I'll ship you some wisteria for free if you'd like.


----------



## jrman83 (Jul 9, 2010)

Some online sources would be aquariumplants.com or liveaquaria.com....with a few others out there also. I've bought from numerous sites like this one, ebay, and a couple of different online stores. If you want to get plants in bunches or you're trying to plant a large tank all at once the online stores come in handy for quantity and selection.


----------



## williemcd (Jun 23, 2011)

James on here is part of our local fish club. His prices are 1/2 of what you'd pay elsewhere. Note.. he is a hobby'st and as such doesn't maintain an inventory, just shares the wealth of his outrageous success growing plants. Bill in Va.


----------



## holly12 (Apr 21, 2011)

So far, all my plants have come from Pet Smart or Big Al's.... but that can end up becoming pricey. 

I may start looking into buying plants on line, as well as through some posters on this forum! Many people here have fantastic plants and are more than willing to share them for great prices!


----------



## falcooo (Sep 4, 2011)

Gizmo said:


> I started out a couple years ago with some bulbs bought from PetsMart for $3. Grew a wisteria plant, a giant hygro, a crypt, and a tiger lotus from bulbs. That was 2 years ago. Now I have about 20 wisteria plants, 6 hygros, no tiger lotus (sold one for $20 and the other died), and two MASSIVE crypt plants all over my tanks. I've added Marimo moss and java moss I've bought off the classifieds in the area.
> 
> I'll ship you some wisteria for free if you'd like.


Hey Gizmo, thanks i really appreciate your generosity...i would love some wisteria to to start off my tank. how would i go about this tho? sorry im still very new to the forum world.

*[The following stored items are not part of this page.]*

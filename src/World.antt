-- ===== src/World.antt =====
-- What the library calls and does not implement: clocks, providers, sleeping. A call takes the state
-- of the world and returns the next one, so the order of the calls is part of the model.
pub mod Ticking
use agentpause.Prelude.{ℕ, List}
use agentpause.Prelude.Int.{ℤ}
use agentpause.Number.{Float, ◌≼◌}
use agentpause.Errors.{Result}
use agentpause.Text.{Text}

pub record Message : Type 0 where
  pub role : Text
  pub content : Text

-- `clock()`
abbrev pub Clock : Type 0 → Type 0 → Type 0
Clock F W = W → F × W

-- `backend(messages)`: the reply and the tokens used, or an exception
abbrev pub Backend : Type 0 → Type 0 → Type 0
Backend F W = List Message → W → Result F (Text × ℤ) × W

-- `sleep_fn(seconds)`
abbrev pub Sleep : Type 0 → Type 0 → Type 0
Sleep F W = F → W → W

module _ {F W : Type 0} ⦃f : Float F⦄ where
  -- A later reading is not earlier.
  abbrev pub IsMonotonic : Clock F W → Type 0
  IsMonotonic clock = (w : W) → (clock w).0 ≼ (clock (clock w).1).0

  -- Between a reading and the next one, a sleep of `d` seconds lasts at least `d`.
  abbrev pub Sleeps : Clock F W → Sleep F W → Type 0
  Sleeps clock sleep = (d : F) (w : W) → f.add (clock w).0 d ≼ (clock (sleep d (clock w).1)).0
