-- ===== src/Risk.antt =====
-- src/agentpause/risk.py: a telemetry reading, the decision rule on it, and the risk score.
pub mod Decide
pub mod Binding
pub mod Wait
pub mod Score
mod Tests
use agentpause.Prelude.{
  ℕ, Bool, true, false, not, ◌&&◌, ◌||◌, Option, none, some, if◌then◌else◌, is_none,
}
use agentpause.Prelude.Int.{ℤ, pos, leb_ℤ, ltb_ℤ, ◌+ℤ◌, ◌-ℤ◌, max_ℤ}
use agentpause.Number.{Float, nought, min_f, max_f, or_else}

-- The measured refill regime of a provider, as refill.py reports it.
pub data Regime : Type 0 where
  continuous fixed unknown : Regime

pub record Budget (F : Type 0) : Type 0 where
  pub remaining_tokens : ℤ
  pub remaining_requests : Option ℤ
  pub reset_seconds : Option F
  pub reset_requests_seconds : Option F
  pub remaining_input_tokens : Option ℤ
  pub remaining_output_tokens : Option ℤ
  pub limit_tokens : Option ℤ
  pub refill_regime : Option Regime
  pub remaining_seconds : Option F

pub data Verb : Type 0 where
  continue wait checkpoint : Verb

pub record Decision (F : Type 0) : Type 0 where
  pub action : Verb
  pub budget : Budget F
  pub estimated : ℤ
  pub sigma : F
  pub wait_seconds : Option F

-- The arguments of `decide` behind the budget.
pub record Ask (F : Type 0) : Type 0 where
  pub estimated : ℤ
  pub sigma : F
  pub k : F
  pub wait_threshold_s : F
  pub estimated_input : Option ℤ
  pub estimated_output : Option ℤ
  pub estimated_latency : Option F
  pub rpm_margin : ℤ

-- `remaining is None or wanted is None or wanted <= remaining`
unfoldable pub covers : {A : Type 0} → (A → A → Bool) → Option A → Option A → Bool
covers le none _ = true
covers le (some r) none = true
covers le (some r) (some w) = le w r

-- `remaining is None or remaining >= needed`
unfoldable pub at_least : Option ℤ → ℤ → Bool
at_least none n = true
at_least (some r) n = leb_ℤ n r

abbrev pub is_fixed : Option Regime → Bool
is_fixed (some fixed) = true
is_fixed (some continuous) = false
is_fixed (some unknown) = false
is_fixed none = false

module _ {F : Type 0} ⦃f : Float F⦄ where
  open f use {of_int, lit, add, sub, mul, div, le, lt}

  -- `estimated + k * sigma`
  abbrev pub demand : ℤ → F → F → F
  demand estimated sigma k = add (of_int estimated) (mul k sigma)

  unfoldable pub should_checkpoint : ℤ → ℤ → F → F → Bool
  should_checkpoint remaining estimated sigma k = lt (of_int remaining) (demand estimated sigma k)

  abbrev wait_buffer : F
  wait_buffer = lit 115 100

  -- the wait from the limit and the reset, once both are known
  unfoldable pub refill_math : Budget F → ℤ → F → F → F
  refill_math b limit reset needed =
      let missing = limit -ℤ b.remaining_tokens in
      let rate = div (of_int missing) reset in
      let deficit = sub needed (of_int b.remaining_tokens) in
      if leb_ℤ missing (pos 0)
      then reset
      else if le deficit nought
      then lit 5 10
      else min_f reset (mul (div deficit rate) wait_buffer)

  unfoldable pub refill_wait : Budget F → F → Option F
  refill_wait b needed = elim (b.reset_seconds) [
    | none ↦ none
    | some reset ↦ if is_fixed b.refill_regime then some reset else elim (b.limit_tokens) [
      | none ↦ some reset
      | some limit ↦ if le reset nought then some reset else some (refill_math b limit reset needed)
    ]
  ]

  -- the five tests at the top of `decide`
  unfoldable pub tokens_fit : Budget F → Ask F → Bool
  unfolding should_checkpoint
  tokens_fit b a = not (should_checkpoint b.remaining_tokens a.estimated a.sigma a.k)

  unfoldable pub requests_fit : Budget F → Ask F → Bool
  unfolding at_least
  requests_fit b a = at_least b.remaining_requests (pos 1 +ℤ a.rpm_margin)

  unfoldable pub input_fit : Budget F → Ask F → Bool
  unfolding covers
  input_fit b a = covers leb_ℤ b.remaining_input_tokens a.estimated_input

  unfoldable pub output_fit : Budget F → Ask F → Bool
  unfolding covers
  output_fit b a = covers leb_ℤ b.remaining_output_tokens a.estimated_output

  unfoldable pub time_fit : Budget F → Ask F → Bool
  unfolding covers
  time_fit b a = covers le b.remaining_seconds a.estimated_latency

  -- `limit is not None and needed >= limit * 0.98`
  unfoldable pub needs_whole_window : Option ℤ → F → Bool
  needs_whole_window none needed = false
  needs_whole_window (some limit) needed = le (mul (of_int limit) (lit 98 100)) needed

  -- the wait that `decide` computes when the step does not fit
  unfoldable pub wait_for : Budget F → Ask F → Option F
  wait_for b a =
      let needed = demand a.estimated a.sigma a.k in
      if not (requests_fit b a)
      then or_else b.reset_requests_seconds b.reset_seconds
      else if is_none b.reset_seconds
      then none
      else if not (tokens_fit b a) && input_fit b a && output_fit b a
      then if needs_whole_window b.limit_tokens needed then none else refill_wait b needed
      else b.reset_seconds

  abbrev outcome : Budget F → Ask F → Verb → Option F → Decision F
  outcome b a verb w = record {
    action = verb;
    budget = b;
    estimated = a.estimated;
    sigma = a.sigma;
    wait_seconds = w;
  }

  -- the last test of `decide`
  unfoldable pub pause_or_suspend : Budget F → Ask F → Option F → Decision F
  pause_or_suspend b a none = outcome b a checkpoint none
  pause_or_suspend b a (some w) =
      if le w a.wait_threshold_s then outcome b a wait (some w) else outcome b a checkpoint none

  unfoldable pub decide : Budget F → Ask F → Decision F
  decide b a =
      if not (time_fit b a)
      then outcome b a checkpoint none
      else if tokens_fit b a && requests_fit b a && input_fit b a && output_fit b a
      then outcome b a continue none
      else pause_or_suspend b a (wait_for b a)

-- every definition of this file, for the tests
unfoldable pub program : Unit {0}
unfolding should_checkpoint refill_math refill_wait tokens_fit requests_fit input_fit output_fit
    time_fit needs_whole_window wait_for pause_or_suspend decide covers at_least
program = tt
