-- ===== src/Json.antt =====
-- JSON bodies as Python's `json` reads them, and the few operations the clients of a server use on
-- them. The text of a value that is no string, and the numbers in a string, are Python's own.
use agentpause.Prelude.{Bool, true, false, not, ◌&&◌, Option, none, some, [], ◌∷◌, if◌then◌else◌}
use agentpause.Prelude.Int.{ℤ, pos, leb_ℤ}
use agentpause.Number.{Float, truthy}
use agentpause.Errors.{Result, ok, raise, foreign}
use agentpause.Text.{Text, text_eq}

mutual
  pub data Json (F : Type 0) : Type 0 where
    null : Json F
    truth : Bool → Json F
    int : ℤ → Json F
    real : F → Json F
    str : Text → Json F
    array : Items F → Json F
    object : Fields F → Json F

  pub data Items (F : Type 0) : Type 0 where
    no_items : Items F
    item : Json F → Items F → Items F

  pub data Fields (F : Type 0) : Type 0 where
    no_fields : Fields F
    field : Text → Json F → Fields F → Fields F

-- What Python reads in a string and writes for a value.
pub record Reading (F : Type 0) : Type 0 where
  -- `int(s)` and `float(s)`, which may raise ValueError
  pub int_of : Text → Option ℤ
  pub float_of : Text → Option F
  -- `int(x)` of a float, which raises for NaN and the infinities
  pub int_of_real : F → Option ℤ
  -- `str(value)` of a value that is no string
  pub text_of : Json F → Text

abbrev is_empty : Text → Bool
is_empty [] = true
is_empty (c ∷ s) = false

module _ {F : Type 0} where
  unfoldable pub find : Text → Fields F → Option (Json F)
  find key no_fields = none
  find key (field k v rest) = elim (find key rest) [
    | some w ↦ some w
    | none ↦ if text_eq k key then some v else none
  ]

  -- `d.get(key, otherwise)` of a dict; anything else has no `get`
  unfoldable pub get : Text → Json F → Json F → Result F (Json F)
  get key otherwise (object d) = elim (find key d) [ none ↦ ok otherwise | some v ↦ ok v ]
  get key otherwise _ = raise foreign

  unfoldable pub text : Reading F → Json F → Text
  text r (str s) = s
  text r j = r.text_of j

module _ {F : Type 0} ⦃f : Float F⦄ where
  open f use {of_int, le}

  -- `bool(value)`
  unfoldable pub holds : Json F → Bool
  holds null = false
  holds (truth b) = b
  holds (int n) = not (leb_ℤ n (pos 0) && leb_ℤ (pos 0) n)
  holds (real x) = truthy x
  holds (str s) = not (is_empty s)
  holds (array no_items) = false
  holds (array (item x xs)) = true
  holds (object no_fields) = false
  holds (object (field k v d)) = true

  -- `a or b`
  unfoldable pub either : Json F → Json F → Json F
  unfolding holds
  either a b = if holds a then a else b

  unfoldable pub read_int : Option ℤ → Result F ℤ
  read_int none = raise foreign
  read_int (some n) = ok n

  -- `int(value)`: a TypeError of None or a container, a ValueError of a string that is no numeral
  unfoldable pub to_int : Reading F → Json F → Result F ℤ
  unfolding read_int
  to_int r (int n) = ok n
  to_int r (truth true) = ok (pos 1)
  to_int r (truth false) = ok (pos 0)
  to_int r (real x) = read_int (r.int_of_real x)
  to_int r (str s) = read_int (r.int_of s)
  to_int r _ = raise foreign

  -- `value == n`, where True is 1 and 1.0 is 1
  unfoldable pub equals : ℤ → Json F → Bool
  equals n (int m) = leb_ℤ m n && leb_ℤ n m
  equals n (truth true) = leb_ℤ (pos 1) n && leb_ℤ n (pos 1)
  equals n (truth false) = leb_ℤ (pos 0) n && leb_ℤ n (pos 0)
  equals n (real x) = le x (of_int n) && le (of_int n) x
  equals n _ = false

Another question however.....i am going to start my first beaslbob method build and am still unsure about the lighting. i don't want anything too expensive as money is rather tight right now. i saw something called Zoo Med T-8 Flora Sun Max Plant Growth bulbs at the petco nearby. (Zoo Med T-8 Flora Sun Max Plant Growth Fluorescent Bulb at PETCO) The guy at the store told me this lighting wouldn't be as good as a T5 but is also a fraction of the price. If i wanted to use these lights do you guys think i can still have a successful planted tank??? do i need to gear the plants i chose in a certain direction? such as "low-light plants"? thanks. i appreciate you guys advice/information and am really becoming a fan of this forum as i have only been on here about a week or so.


----------



## snail (Aug 6, 2010)

I use e-bay a lot and on the whole it's a positive experience.


----------



## frogwings (Aug 26, 2011)

Hi fal~
In case you would like to get some good pixs of plants and their characteristics, as well as plenty of information about how to plant a tank, (lighting, substrate, heaters, filters, etc,) I would recommend a book by Mary E. Sweeney, "The 101 Best Aquarium Plants". It has been my bible since I first looked into plants, etc. The book is not expensive and I got it on Amazon. Good Luck!


----------